- About this task: Give back the entries in full, exactly as they are written.

BEGIN Source material

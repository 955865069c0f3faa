-- ===== src/Reconcile/Dialling.antt =====
-- controllers/directoryservice_controller.go, getAdminLDAPConnection: it keeps a world open, and does
-- not return where the directory server cannot be dialled.
use ds_operator.Prelude.{
  ℕ, ◌≢◌, err, panic, ok-ne-err, ok-ne-panic, Bool, ◌≡◌, refl, sym, Result, ok, lift, raise,
  message, ◌>>=◌,
}
use ds_operator.Kube.Workloads.{Service, Secret}
use ds_operator.Kube.Objects.{Kind}
use ds_operator.Kube.Client.{Client}
use ds_operator.Api.Types.{DirectoryService, account_of}
use ds_operator.Ldap.{Directory, DsConnection, connect}
use ds_operator.Ldap.Live.{
  Steady, Steady-try, Steady-bind, IsApart, Unreached, connect-Steady, connect-Unreached,
}
use ds_operator.Passwords.{read_key}
use ds_operator.Services.{or_empty}
use ds_operator.Secrets.{look_in}
use ds_operator.Reconcile.{get_admin_ldap_connection, ldap_url}

module _ {W : Type 0} (Open : W → Type 0) (api : Client W) (dir : Directory W)
    (dev_mode debug : Bool) (draw : W → ℕ → ℕ → ℕ) (apart : IsApart Open dir) where
  pub get_admin_ldap_connection-Steady :
      (ds : DirectoryService) (svc : Service)
      → Steady Open (get_admin_ldap_connection api dir dev_mode debug draw ds svc)
  unfolding get_admin_ldap_connection
  get_admin_ldap_connection-Steady ds svc =
      let account = account_of ds "uid=admin" in
      let reading : W → Result Secret × W = λ w. (
        api.get Kind.secret (record { namespace = ds.meta.namespace; name = account.secret_name })
            w,
        w,
      ) in
      Steady-try Open reading
        (λ secret.
          lift (read_key account.key (ok secret))
          >>= connect dir (ldap_url dev_mode svc) "uid=admin")
        (λ e. raise (message "Can't find the admin ldap secret")) (λ w o. o)
        (λ secret.
          Steady-bind Open (lift (read_key account.key (ok secret)))
            (connect dir (ldap_url dev_mode svc) "uid=admin") (λ w o. o)
            (λ pw. connect-Steady Open dir apart (ldap_url dev_mode svc) "uid=admin" pw))
        (λ e w o. o)

  -- Without a directory server there is no connection.
  pub get_admin_ldap_connection-Unreached :
      Unreached Open dir
      → (ds : DirectoryService) (svc : Service) (w : W) (c : DsConnection dir) → Open w
      → (get_admin_ldap_connection api dir dev_mode debug draw ds svc w).0 ≢ ok c
  unfolding get_admin_ldap_connection read_key
  get_admin_ldap_connection-Unreached unreached ds svc w c open' =
      by_secret
        (api.get Kind.secret
          (record { namespace = ds.meta.namespace; name = (account_of ds "uid=admin").secret_name })
          w)
        refl
    where
      by_secret :
          (r : Result Secret)
          → api.get Kind.secret
              (record {
                namespace = ds.meta.namespace;
                name = (account_of ds "uid=admin").secret_name;
              })
              w
            ≡ r
          → (get_admin_ldap_connection api dir dev_mode debug draw ds svc w).0 ≢ ok c
      by_secret (ok secret) h = rw h (
          connect-Unreached Open dir apart unreached (ldap_url dev_mode svc) "uid=admin"
            (or_empty (look_in secret.payload (account_of ds "uid=admin").key)) w c open')
      by_secret (err e) h = rw h (λ g. ok-ne-err g)
      by_secret panic h = rw h (λ g. ok-ne-panic (sym g))
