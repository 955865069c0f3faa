-- ===== src/Reconcile/Stored.antt =====
-- controllers/directoryservice_controller.go: what the two updates at the end of Reconcile store.
use ds_operator.Prelude.{ℕ, ◌≡◌, refl, ap, ◌∙◌, ◌⊎◌, inl, inr, Bool, Result, ok, Ends}
use ds_operator.Kube.Meta.{key_of}
use ds_operator.Kube.Objects.{Kind}
use ds_operator.Kube.Client.{Client}
use ds_operator.Kube.Client.Laws.{IsLawful, OnlyAt}
use ds_operator.Api.Types.{DirectoryService}
use ds_operator.Ldap.{Directory}
use ds_operator.Reconcile.{store_service}

module _ {W : Type 0} (api : Client W) (ds s : DirectoryService) where
  abbrev pub service_at : W → Result DirectoryService
  service_at w = api.get Kind.directory_service (key_of ds.meta) w

  -- `ds` with the status of `s`.
  abbrev pub old_status : DirectoryService
  old_status = record ds { status = s.status }

  -- The object is as it was, or it is `ds` with the status it had; nothing else has changed.
  abbrev pub StatusKept : W → W → Type 0
  StatusKept w w' =
      OnlyAt api Kind.directory_service (key_of ds.meta) w w'
      × ((service_at w' ≡ service_at w) ⊎ (service_at w' ≡ ok old_status))

module _ {W : Type 0} (api : Client W) (dir : Directory W) (dev_mode debug : Bool)
    (draw : W → ℕ → ℕ → ℕ) (law : IsLawful api) (ds s : DirectoryService) where
  status_ends :
      (w w1 : W)
      → OnlyAt api Kind.directory_service (key_of ds.meta) w w1
      → service_at api ds s w1 ≡ ok (old_status api ds s)
      → Ends
          (api.update_status Kind.directory_service (old_status api ds s))
          w1
          (λ o w'.
            OnlyAt api Kind.directory_service (key_of ds.meta) w w'
            × (service_at api ds s w' ≡ ok (old_status api ds s)))
          (λ e w'. StatusKept api ds s w w')
  status_ends w w1 only g =
      elim (law.update_status_outcome Kind.directory_service (old_status api ds s)
        (old_status api ds s) w1 g) [
          | inl (e, refused) ↦ Ends.fails e w1 refused (only, inr g)
          | inr u ↦
              Ends.returns u.object u.after u.returns
                (λ k key d. u.elsewhere k key d ∙ only k key d, u.stored ∙ ap (λ o. ok o) u.content)
        ]

  -- The update and the status update at the end of Reconcile, of a directory service that is there
  -- with the status of `s`: they fail, or they return 60 and the object is stored. But whatever
  -- status the reconciler has worked out, the stored one stays that of `s`, since the first update
  -- puts the server's status into the object that the second one sends. Nothing else changes.
  pub store_service-old_status :
      (w : W)
      → service_at api ds s w ≡ ok s
      → Ends
          (store_service api dir dev_mode debug draw ds)
          w
          (λ t w'.
            (t ≡ 60)
            × OnlyAt api Kind.directory_service (key_of ds.meta) w w'
            × (service_at api ds s w' ≡ ok (old_status api ds s)))
          (λ e w'. StatusKept api ds s w w')
  unfolding store_service
  store_service-old_status w g = elim (law.update_outcome Kind.directory_service ds s w g) [
    | inl (e, refused) ↦ Ends.fails e w (rw refused refl) ((λ k key d. refl), inl refl)
    | inr u ↦ stored u.after u.object u.content u.returns u.elsewhere u.stored
  ]
    where
      stored :
          (w1 : W) (o : DirectoryService)
          → o ≡ old_status api ds s
          → api.update Kind.directory_service ds w ≡ (ok o, w1)
          → OnlyAt api Kind.directory_service (key_of ds.meta) w w1
          → service_at api ds s w1 ≡ ok o
          → Ends
              (store_service api dir dev_mode debug draw ds)
              w
              (λ t w'.
                (t ≡ 60)
                × OnlyAt api Kind.directory_service (key_of ds.meta) w w'
                × (service_at api ds s w' ≡ ok (old_status api ds s)))
              (λ e w'. StatusKept api ds s w w')
      stored w1 o same run only g1 = elim (status_ends w w1 only (g1 ∙ ap (λ x. ok x) same)) [
        | Ends.returns o' w2 run' (only', g') ↦
            Ends.returns 60 w2 (rw (run, same, run') refl) (refl, only', g')
        | Ends.fails e w2 run' kept ↦ Ends.fails e w2 (rw (run, same, run') refl) kept
      ]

END Source material

- Task response:
repository 955865069c0f3faa
-- ===== src/Reconcile/Dialling.antt =====
-- controllers/directoryservice_controller.go, getAdminLDAPConnection: it keeps a world open, and does
-- not return where the directory server cannot be dialled.
use ds_operator.Prelude.{
  ℕ, ◌≢◌, err, panic, ok-ne-err, ok-ne-panic, Bool, ◌≡◌, refl, sym, Result, ok, lift, raise,
  message, ◌>>=◌,
}
use ds_operator.Kube.Workloads.{Service, Secret}
use ds_operator.Kube.Objects.{Kind}
use ds_operator.Kube.Client.{Client}
use ds_operator.Api.Types.{DirectoryService, account_of}
use ds_operator.Ldap.{Directory, DsConnection, connect}
use ds_operator.Ldap.Live.{
  Steady, Steady-try, Steady-bind, IsApart, Unreached, connect-Steady, connect-Unreached,
}
use ds_operator.Passwords.{read_key}
use ds_operator.Services.{or_empty}
use ds_operator.Secrets.{look_in}
use ds_operator.Reconcile.{get_admin_ldap_connection, ldap_url}

module _ {W : Type 0} (Open : W → Type 0) (api : Client W) (dir : Directory W)
    (dev_mode debug : Bool) (draw : W → ℕ → ℕ → ℕ) (apart : IsApart Open dir) where
  pub get_admin_ldap_connection-Steady :
      (ds : DirectoryService) (svc : Service)
      → Steady Open (get_admin_ldap_connection api dir dev_mode debug draw ds svc)
  unfolding get_admin_ldap_connection
  get_admin_ldap_connection-Steady ds svc =
      let account = account_of ds "uid=admin" in
      let reading : W → Result Secret × W = λ w. (
        api.get Kind.secret (record { namespace = ds.meta.namespace; name = account.secret_name })
            w,
        w,
      ) in
      Steady-try Open reading
        (λ secret.
          lift (read_key account.key (ok secret))
          >>= connect dir (ldap_url dev_mode svc) "uid=admin")
        (λ e. raise (message "Can't find the admin ldap secret")) (λ w o. o)
        (λ secret.
          Steady-bind Open (lift (read_key account.key (ok secret)))
            (connect dir (ldap_url dev_mode svc) "uid=admin") (λ w o. o)
            (λ pw. connect-Steady Open dir apart (ldap_url dev_mode svc) "uid=admin" pw))
        (λ e w o. o)

  -- Without a directory server there is no connection.
  pub get_admin_ldap_connection-Unreached :
      Unreached Open dir
      → (ds : DirectoryService) (svc : Service) (w : W) (c : DsConnection dir) → Open w
      → (get_admin_ldap_connection api dir dev_mode debug draw ds svc w).0 ≢ ok c
  unfolding get_admin_ldap_connection read_key
  get_admin_ldap_connection-Unreached unreached ds svc w c open' =
      by_secret
        (api.get Kind.secret
          (record { namespace = ds.meta.namespace; name = (account_of ds "uid=admin").secret_name })
          w)
        refl
    where
      by_secret :
          (r : Result Secret)
          → api.get Kind.secret
              (record {
                namespace = ds.meta.namespace;
                name = (account_of ds "uid=admin").secret_name;
              })
              w
            ≡ r
          → (get_admin_ldap_connection api dir dev_mode debug draw ds svc w).0 ≢ ok c
      by_secret (ok secret) h = rw h (
          connect-Unreached Open dir apart unreached (ldap_url dev_mode svc) "uid=admin"
            (or_empty (look_in secret.payload (account_of ds "uid=admin").key)) w c open')
      by_secret (err e) h = rw h (λ g. ok-ne-err g)
      by_secret panic h = rw h (λ g. ok-ne-panic (sym g))
repository 955865069c0f3faa
-- ===== src/Reconcile/Stored.antt =====
-- controllers/directoryservice_controller.go: what the two updates at the end of Reconcile store.
use ds_operator.Prelude.{ℕ, ◌≡◌, refl, ap, ◌∙◌, ◌⊎◌, inl, inr, Bool, Result, ok, Ends}
use ds_operator.Kube.Meta.{key_of}
use ds_operator.Kube.Objects.{Kind}
use ds_operator.Kube.Client.{Client}
use ds_operator.Kube.Client.Laws.{IsLawful, OnlyAt}
use ds_operator.Api.Types.{DirectoryService}
use ds_operator.Ldap.{Directory}
use ds_operator.Reconcile.{store_service}

module _ {W : Type 0} (api : Client W) (ds s : DirectoryService) where
  abbrev pub service_at : W → Result DirectoryService
  service_at w = api.get Kind.directory_service (key_of ds.meta) w

  -- `ds` with the status of `s`.
  abbrev pub old_status : DirectoryService
  old_status = record ds { status = s.status }

  -- The object is as it was, or it is `ds` with the status it had; nothing else has changed.
  abbrev pub StatusKept : W → W → Type 0
  StatusKept w w' =
      OnlyAt api Kind.directory_service (key_of ds.meta) w w'
      × ((service_at w' ≡ service_at w) ⊎ (service_at w' ≡ ok old_status))

module _ {W : Type 0} (api : Client W) (dir : Directory W) (dev_mode debug : Bool)
    (draw : W → ℕ → ℕ → ℕ) (law : IsLawful api) (ds s : DirectoryService) where
  status_ends :
      (w w1 : W)
      → OnlyAt api Kind.directory_service (key_of ds.meta) w w1
      → service_at api ds s w1 ≡ ok (old_status api ds s)
      → Ends
          (api.update_status Kind.directory_service (old_status api ds s))
          w1
          (λ o w'.
            OnlyAt api Kind.directory_service (key_of ds.meta) w w'
            × (service_at api ds s w' ≡ ok (old_status api ds s)))
          (λ e w'. StatusKept api ds s w w')
  status_ends w w1 only g =
      elim (law.update_status_outcome Kind.directory_service (old_status api ds s)
        (old_status api ds s) w1 g) [
          | inl (e, refused) ↦ Ends.fails e w1 refused (only, inr g)
          | inr u ↦
              Ends.returns u.object u.after u.returns
                (λ k key d. u.elsewhere k key d ∙ only k key d, u.stored ∙ ap (λ o. ok o) u.content)
        ]

  -- The update and the status update at the end of Reconcile, of a directory service that is there
  -- with the status of `s`: they fail, or they return 60 and the object is stored. But whatever
  -- status the reconciler has worked out, the stored one stays that of `s`, since the first update
  -- puts the server's status into the object that the second one sends. Nothing else changes.
  pub store_service-old_status :
      (w : W)
      → service_at api ds s w ≡ ok s
      → Ends
          (store_service api dir dev_mode debug draw ds)
          w
          (λ t w'.
            (t ≡ 60)
            × OnlyAt api Kind.directory_service (key_of ds.meta) w w'
            × (service_at api ds s w' ≡ ok (old_status api ds s)))
          (λ e w'. StatusKept api ds s w w')
  unfolding store_service
  store_service-old_status w g = elim (law.update_outcome Kind.directory_service ds s w g) [
    | inl (e, refused) ↦ Ends.fails e w (rw refused refl) ((λ k key d. refl), inl refl)
    | inr u ↦ stored u.after u.object u.content u.returns u.elsewhere u.stored
  ]
    where
      stored :
          (w1 : W) (o : DirectoryService)
          → o ≡ old_status api ds s
          → api.update Kind.directory_service ds w ≡ (ok o, w1)
          → OnlyAt api Kind.directory_service (key_of ds.meta) w w1
          → service_at api ds s w1 ≡ ok o
          → Ends
              (store_service api dir dev_mode debug draw ds)
              w
              (λ t w'.
                (t ≡ 60)
                × OnlyAt api Kind.directory_service (key_of ds.meta) w w'
                × (service_at api ds s w' ≡ ok (old_status api ds s)))
              (λ e w'. StatusKept api ds s w w')
      stored w1 o same run only g1 = elim (status_ends w w1 only (g1 ∙ ap (λ x. ok x) same)) [
        | Ends.returns o' w2 run' (only', g') ↦
            Ends.returns 60 w2 (rw (run, same, run') refl) (refl, only', g')
        | Ends.fails e w2 run' kept ↦ Ends.fails e w2 (rw (run, same, run') refl) kept
      ]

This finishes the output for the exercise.